Sema4 scientists released results from an analysis of patients tested for SARS-CoV-2 at five hospitals in the Mount Sinai Health System. Spanning more than 28,000 patients, this is one of the largest and most racially diverse COVID-19 studies performed in the United States to date. The study findings were posted as a preprint on medRxiv.
The team at Sema4 analyzed de-identified electronic medical records from 28,336 patients tested for SARS-CoV-2 at Mount Sinai Health System hospitals in Manhattan, Brooklyn, and Queens between February 24 and April 15. Of those patients, 6,158 tested positive for the coronavirus and 3,273 were admitted to the hospital.
Consistent with other reports, this study confirmed that COVID-19 prevalence in African Americans and Hispanics is disproportionately high in New York City. However, for patients admitted to the hospital, the analysis found no differences in mortality rates based on ethnicity, indicating that inpatient care helps to address this health care disparity.

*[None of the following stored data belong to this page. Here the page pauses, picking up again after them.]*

-- ===== src/Grant/Owner.antt =====
-- internal/grant/service.go: requireOwner, and the tables after it.
use my_kb.Prelude.{◌≡◌, false, String, arith, eq_iff, inl, inr}
use my_kb.Result.{ok, Result-cases}
use my_kb.Http.{Headers, Upstream}
use my_kb.Db.{Db, Env}
use my_kb.Audit
use my_kb.Audit.Repository.{record_event}
use my_kb.Profile
use my_kb.Profile.Repository
use my_kb.Ownership.{Ownership, resolve, owns_personal_notes}
use my_kb.Grant.Service.{Actor, check_owner, require_owner, record_denied_grant}

pub grants-record_event :
    (env : Env) (e : Audit.Event) (db : Db) → (record_event env e db).1.grants ≡ db.grants
unfolding record_event
grants-record_event env e db = ground arith

grants-get_profile : (id : String) (db : Db) → (Profile.Repository.get id db).1.grants ≡ db.grants
unfolding Profile.Repository.get
grants-get_profile id db = ground arith

pub grants-resolve :
    (up : Upstream) (id : String) (h : Headers) (db : Db)
    → (resolve up id h db).1.grants ≡ db.grants
unfolding resolve
grants-resolve up id h db = grind (arith, grants-get_profile)

pub grants-record_denied_grant :
    (env : Env) (o : Ownership) (actor : Actor) (h : Headers) (db : Db)
    → (record_denied_grant env o actor h db).1.grants ≡ db.grants
unfolding record_denied_grant
grants-record_denied_grant env o actor h db = grind (arith, grants-record_event)

pub grants-check_owner :
    (env : Env) (actor : Actor) (h : Headers) (o : Ownership) (db : Db)
    → (check_owner env actor h o db).1.grants ≡ db.grants
unfolding check_owner
grants-check_owner env actor h o db = ground (arith, grants-record_denied_grant env o actor h db)

pub check_owner-ok :
    (env : Env) (actor : Actor) (h : Headers) (o o' : Ownership) (db : Db)
    → (check_owner env actor h o db).0 ≡ ok o'
    → (o ≡ o')
      × (actor.user_id ≡ o.owner_user_id)
      × (actor.tenant_id ≡ o.tenant_id)
      × (owns_personal_notes o ≡ false)
      × ((check_owner env actor h o db).1 ≡ db)
unfolding check_owner
check_owner-ok env actor h o o' db e = ground (arith, eq_iff actor.user_id o.owner_user_id)

pub grants-require_owner :
    (env : Env) (kb_id : String) (actor : Actor) (h : Headers) (db : Db)
    → (require_owner env kb_id actor h db).1.grants ≡ db.grants
unfolding require_owner
grants-require_owner env kb_id actor h db = grind (arith, grants-check_owner, grants-resolve)

-- Who passes requireOwner is the resolved owner of a knowledge base that is not Personal Notes.
pub require_owner-ok :
    (env : Env) (kb_id : String) (actor : Actor) (h : Headers) (o : Ownership) (db : Db)
    → (require_owner env kb_id actor h db).0 ≡ ok o
    → ((resolve env.upstream kb_id h db).0 ≡ ok o)
      × (actor.user_id ≡ o.owner_user_id)
      × (actor.tenant_id ≡ o.tenant_id)
      × (owns_personal_notes o ≡ false)
unfolding require_owner
require_owner-ok env kb_id actor h o db e =
    elim (Result-cases (resolve env.upstream kb_id h db).0) [
      | inl (x, ex) ↦
          let passed = check_owner-ok env actor h x o (resolve env.upstream kb_id h db).1 in
          ground (arith, passed)
      | inr (x, ex) ↦ ground arith
    ]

The team also identified several risk factors linked to increased mortality rates for COVID-19 patients, including age, oxygen levels, body mass index, and elevated creatinine, among others. Asthma was associated with longer hospital stays, but did not appear to be linked to increased mortality rates. The study, which found higher mortality rates at hospitals where patients had more severe cases upon entry, can also be used to guide neighborhood-based testing for SARS-CoV-2.
Li Li, MD, Sema4’s Vice President of Clinical Information and an Assistant Professor at the Icahn School of Medicine at Mount Sinai in the Department of Genetics and Genomic Sciences, who was one of the lead scientists on the project, commented: “In a thorough review of published studies investigating COVID-19 mortality rates, we found unintentional biases, such as small sample size, that limited the broader utility of the data. By including all patients tested at these five member hospitals and performing advanced statistical modeling including multivariate analyses, we have removed that bias and generated findings that should be more useful in improving the understanding of which clinical features track with disease progression and associated outcomes.”